UPDATE: Hurricane Michael, now a Category 3 storm, was crossing into southeastern Alabama and southwest Georgia late Wednesday afternoon while still thrashing the Florida Panhandle with rain and wind. The hurricane made landfall as a Category 4 storm near Mexico Beach, Fla., about midday Wednesday. As the day wore on, Florida Gov. Rick Scott tweeted to residents, “I urge all Floridians in the Panhandle to continue sheltering in place, and [listen] to local authorities. Stay inside until directed further so that our recovery teams can move in as quickly as possible.” Emergency responders asked people to stay off the roads, and Scott assured residents that thousands of workers were ready to assist with rescue, aid, and restoring power. The National Hurricane Center reported flooding along coastal areas and dangerous surf conditions.

Meanwhile, the National Weather Service issued an extreme wind warning for several Alabama and Georgia counties as Michael approached. “Michael will continue to produce life-threatening hurricane-force winds well inland,” the National Hurricane Center said in a statement. The storm is expected to turn northeast and bring rain and wind to Georgia, the Carolinas, and Virginia through Thursday before moving out into the Atlantic Ocean.

UPDATE (1:51 p.m.): Hurricane Michael intensified as it made landfall near Mexico Beach, Fla., midday Wednesday. The National Hurricane Center said the Category 4 storm had maximum sustained winds of 155 mph, just 2 mph shy of being a Category 5 hurricane. Florida Gov. Rick Scott tweeted that hundreds of first responders were ready to deploy and aid residents as soon as the storm passed. President Donald Trump was briefed on the storm Wednesday and tweeted, “We are with you Florida!”

As Michael passes over Florida, the Federal Emergency Management Agency says Georgia residents should prepare to get pummeled by the storm next. Georgia Gov. Nathan Deal said the hurricane is expected to inflict serious damage in the central and southern parts of the state and devastate the region’s peanut, pecan, and cotton crops. FEMA administrator Brock Long warned Georgians to follow authorities’ directions for evacuating and taking shelter, saying, “People are going to die as a result of not heeding the warnings.”

OUR EARLIER REPORT (11:10 a.m.): Hurricane Michael grew to a Category 4 storm early Wednesday morning as it moved closer to the Florida Panhandle, with landfall expected midday Wednesday. The storm, with winds topping out at 145 mph, could be the most powerful storm on record to hit the region. Forecasters say Michael could dump up to a foot of rain and cause a 14-foot storm surge in places. The National Hurricane Center was already reporting rising water levels and high winds along the Florida coast at 8 a.m., and some coastline towns already have experienced flooding.

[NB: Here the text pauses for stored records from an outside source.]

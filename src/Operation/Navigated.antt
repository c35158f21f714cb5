-- ===== src/Operation/Navigated.antt =====
-- navigate_tree and summarizeAbandonedBranch of internal/engine.
use ergo_agent.Prelude.{
  ℕ, String, false, ◌≡◌, refl, Option, none, some, List, [], ◌∷◌, ◌++◌, ◌==◌, ◌⊎◌, inl, inr, length,
}
use ergo_agent.Prelude.Int.{ℤ}
use ergo_agent.Json.{Value, get}
use ergo_agent.Message.{Message}
use ergo_agent.Provider.{Request, Completion, Reply, Failure, completed, failed}
use ergo_agent.Session.{Session, by_id, branch, new_entry}
use ergo_agent.Session.Append.{branch_from_leaf, branch-append_entry}
use ergo_agent.Compaction.Entries.{messages_of}
use ergo_agent.Compaction.Run.{answered}
use ergo_agent.Operation.{
  Command, Execution, Operated, append_fresh, last_id, abandoned, branch_request,
  branch_summary_payload, with_branch_summary, summarize_messages, summarize_abandoned_branch,
}

module _ {R : Type 0} (fresh : ℕ → String × String) (parse_time : String → Option ℤ)
    (raw : Option Value → String) (provider_error : Option String) (complete : Request R → Reply)
    (emit_error : String → Option String) (c : Command) (target : String) (e : Execution) where
  abbrev moved : Session
  moved = record e.session { leaf_id = target }

  -- There is no provider, or the request about the messages failed, with the error.
  abbrev pub IsRefused : List Message → String → Type 0
  IsRefused messages err =
      (provider_error ≡ some err)
      ⊎ ((failure : Failure) × (complete
              (branch_request fresh parse_time raw provider_error complete emit_error c messages)
            ≡ failed failure)
          × (failure.text ≡ err))

  -- The provider has answered the request about the messages, and the branch is that of the target
  -- with the summary of that answer.
  abbrev pub IsSummarized : List Message → Execution → Type 0
  IsSummarized messages e' =
      (completion : Completion) × (complete
          (branch_request fresh parse_time raw provider_error complete emit_error c messages)
        ≡ completed completion)
      × (branch e'.session
          ≡ branch_from_leaf (record e.session { leaf_id = target })
            ++ new_entry target (fresh (length e.session.entries)).0
                (fresh (length e.session.entries)).1 "branch_summary"
                (branch_summary_payload fresh parse_time raw provider_error complete emit_error
                  (last_id (branch e.session)) completion)
              ∷ [])

  -- What the function leaves, for the messages of the branch that is left.
  abbrev pub Left : List Message → Operated → Type 0
  Left messages (e', some err) =
      ((e' ≡ e) × IsRefused messages err)
      ⊎ ((emit_error "session.branch_summarized" ≡ some err) × IsSummarized messages e')
  Left messages (e', none) =
      ((messages ≡ []) × (e'.session ≡ record e.session { leaf_id = target }))
      ⊎ ((emit_error "session.branch_summarized" ≡ none) × IsSummarized messages e')

  module _ (named : ((fresh (length e.session.entries)).0 == "") ≡ false)
      (unused : by_id e.session.entries (fresh (length e.session.entries)).0 ≡ none) where
    emitted_Left :
        (messages : List Message) (e' : Execution) (o : Option String)
        → emit_error "session.branch_summarized" ≡ o
        → IsSummarized messages e'
        → Left messages (e', o)
    emitted_Left messages e' (some err) h s = inr (h, s)
    emitted_Left messages e' none h s = inr (h, s)

    summarized-Left :
        (messages : List Message) (r : Reply)
        → complete
            (branch_request fresh parse_time raw provider_error complete emit_error c messages)
          ≡ r
        → Left messages (
            with_branch_summary fresh parse_time raw provider_error complete emit_error target
              (answered r)
              e)
    unfolding append_fresh
    summarized-Left messages (failed failure) h = inl (refl, inr (failure, h, refl))
    summarized-Left messages (completed completion) h =
        emitted_Left messages _ (emit_error "session.branch_summarized") refl (
          completion,
          h,
          branch-append_entry moved _ _ "branch_summary" _ named unused (no_id completion)
              (no_parent completion),
        )
      where
        no_id :
            (k : Completion)
            → get "id" (
                branch_summary_payload fresh parse_time raw provider_error complete emit_error
                  (last_id (branch e.session))
                  k)
              ≡ none
        no_id k = unfold branch_summary_payload in unfold get in refl

        no_parent :
            (k : Completion)
            → get "parentId" (
                branch_summary_payload fresh parse_time raw provider_error complete emit_error
                  (last_id (branch e.session))
                  k)
              ≡ none
        no_parent k = unfold branch_summary_payload in unfold get in refl

    with_provider :
        (o : Option String) (messages : List Message)
        → provider_error ≡ o
        → Left messages (
            with_branch_summary fresh parse_time raw provider_error complete emit_error target
              (elim o [
                | some err ↦ inl err
                | none ↦ answered (
                    complete (
                      branch_request fresh parse_time raw provider_error complete emit_error c
                        messages))
              ])
              e)
    with_provider (some err) messages h = inl (refl, inl h)
    with_provider none messages h = summarized-Left messages _ refl

    summarize_messages-Left :
        (messages : List Message)
        → Left messages (
            summarize_messages fresh parse_time raw provider_error complete emit_error c target
              messages e)
    summarize_messages-Left [] = inl (refl, refl)
    summarize_messages-Left (m ∷ messages) = with_provider provider_error (m ∷ messages) refl

    -- With a new id that is not empty, summarizeAbandonedBranch does one of three things: it leaves
    -- the execution as it was and returns the error for a missing provider or of the request about
    -- the messages of the entries that are left behind; or it moves the leaf to the target without
    -- an error, when these entries hold no messages; or the provider has answered that request, the
    -- branch is that of the target with one entry more, the summary of that answer, and the result
    -- is that of the final emit, an error included.
    pub summarize_abandoned_branch-Left :
        Left
          (messages_of parse_time
            (abandoned fresh parse_time raw provider_error complete emit_error target e.session))
          (summarize_abandoned_branch fresh parse_time raw provider_error complete emit_error c
            target e)
    unfolding summarize_abandoned_branch
    summarize_abandoned_branch-Left = summarize_messages-Left _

“The time to evacuate has come and gone ... SEEK REFUGE IMMEDIATELY,” Florida Gov. Rick Scott tweeted Wednesday morning. Scott had earlier expressed concern that people had ignored evacuation orders. The sheriff in Bay County, Fla., issued a shelter-in-place order for the Panama City area before dawn. More than 375,000 people in 22 Florida counties along the Gulf Coast have been warned to evacuate.

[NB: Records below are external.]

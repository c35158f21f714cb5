-- ===== src/Session/Settings/PlanMode.antt =====
-- The plan mode of a branch: `effectivePlanMode` of internal/engine/runtime.go.
use ergo_agent.Prelude.{
  Bool, true, false, ◌≡◌, refl, sym, Option, none, some, value_or, List, [], ◌∷◌, ◌++◌, arith,
  if◌then◌else◌, Bool-cases, inl, inr, ap, ◌∙◌,
}
use ergo_agent.Json.{Value, str, obj, null, Fields, get, is_text}
use ergo_agent.Message.{Message}
use ergo_agent.Message.Codec.{decode_message}
use ergo_agent.Session.{Entry}
use ergo_agent.Session.Settings.{
  Settings, no_settings, flag, with_modes, with_plan, from_answer, restore_custom, restore_entry,
  restore_from, restore_settings, effective_plan_mode,
}

pub restore_from-append :
    (a b : List Entry) (s : Settings) → restore_from (a ++ b) s ≡ restore_from b (restore_from a s)
unfolding restore_from
restore_from-append [] b s = refl
restore_from-append (e ∷ a) b s = restore_from-append a b (restore_entry e s)

-- The entries that leave the plan mode alone.
abbrev pub keeps_plan : Entry → Bool
keeps_plan e =
    if is_text (get "type" e) "custom"
    then (if is_text (get "customType" e) "plan-mode" then false else true)
    else true

abbrev pub all_keep_plan : List Entry → Bool
all_keep_plan [] = true
all_keep_plan (e ∷ entries) = if keeps_plan e then all_keep_plan entries else false

with_modes-plan :
    (v : Option Value) (s : Settings)
    → ((with_modes v s).plan_mode ≡ s.plan_mode)
      × ((with_modes v s).plan_mode_set ≡ s.plan_mode_set)
with_modes-plan (some (obj d)) s = (refl, refl)
with_modes-plan _ s = (refl, refl)

from_answer-plan :
    (o : Option Message) (s : Settings)
    → ((from_answer o s).plan_mode ≡ s.plan_mode)
      × ((from_answer o s).plan_mode_set ≡ s.plan_mode_set)
from_answer-plan none s = (refl, refl)
from_answer-plan (some m) s = ground arith

restore_entry-plan :
    (e : Entry) (s : Settings)
    → keeps_plan e ≡ true
    → ((restore_entry e s).plan_mode ≡ s.plan_mode)
      × ((restore_entry e s).plan_mode_set ≡ s.plan_mode_set)
unfolding restore_entry restore_custom
restore_entry-plan e s h = ground (
  arith,
  with_modes-plan (get "data" e) s,
  from_answer-plan (decode_message (value_or null (get "message" e))) s,
)

absurd_test : true ≡ false → ⊥
absurd_test h = cc

all_keep_plan-head :
    (e : Entry) (entries : List Entry)
    → keeps_plan e ≡ false
    → all_keep_plan (e ∷ entries) ≡ true
    → ⊥
all_keep_plan-head e entries k h =
    absurd_test (sym h ∙ ap (λ b. if b then all_keep_plan entries else false) k)

restore_from-plan :
    (entries : List Entry) (s : Settings)
    → all_keep_plan entries ≡ true
    → ((restore_from entries s).plan_mode ≡ s.plan_mode)
      × ((restore_from entries s).plan_mode_set ≡ s.plan_mode_set)
unfolding restore_from
restore_from-plan [] s h = (refl, refl)
restore_from-plan (e ∷ entries) s h = elim (Bool-cases (keeps_plan e)) [
  | inl k ↦
      let (a, b) = restore_from-plan entries (restore_entry e s) (cc (h, k)) in
      let (c, d) = restore_entry-plan e s k in (a ∙ c, b ∙ d)
  | inr k ↦ absurd (all_keep_plan-head e entries k h)
]

restore_entry-plan_mode :
    (e : Entry) (d : Fields) (s : Settings)
    → get "type" e ≡ some (str "custom")
    → get "customType" e ≡ some (str "plan-mode")
    → get "data" e ≡ some (obj d)
    → restore_entry e s ≡ with_plan (some (obj d)) s
unfolding restore_entry restore_custom
restore_entry-plan_mode e d s t c h = cc (t, c, h)

-- When the command does not specify the plan mode, the last entry of the branch that sets it with
-- an object decides, whatever stands before it and after it.
pub effective_plan_mode-last :
    (plan_mode : Bool) (before later : List Entry) (e : Entry) (d : Fields)
    → get "type" e ≡ some (str "custom")
    → get "customType" e ≡ some (str "plan-mode")
    → get "data" e ≡ some (obj d)
    → all_keep_plan later ≡ true
    → effective_plan_mode false plan_mode (before ++ e ∷ later) ≡ flag (get "enabled" d)
unfolding effective_plan_mode restore_settings restore_from
effective_plan_mode-last plan_mode before later e d t c h k =
    let s = restore_from before no_settings in
    let (a, b) = restore_from-plan later (with_plan (some (obj d)) s) k in
    cc (
      restore_from-append before (e ∷ later) no_settings,
      restore_entry-plan_mode e d s t c h,
      a,
      b,
    )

Drawing strength from the warm waters of the Gulf of Mexico, Michael quickly grew from a Category 2 storm Tuesday afternoon to a Category 4 overnight. At 8 a.m. Wednesday, the eye of the storm was about 90 miles southwest of Panama City and moving at 13 mph, with tropical storm–force winds extending 185 miles out from its center. The storm is powerful enough that forecasters expect it to remain a hurricane as it passes through Georgia early Thursday, and it is expected to bring strong winds and heavy rain to the Carolinas, an area still recovering from Hurricane Florence. North Carolina Gov. Roy Cooper declared a state of emergency for his state Wednesday morning.

Federal Emergency Management Agency administrator Brock Long said his agency had nearly 3,000 people in the field ready to assist with the effects of the storm.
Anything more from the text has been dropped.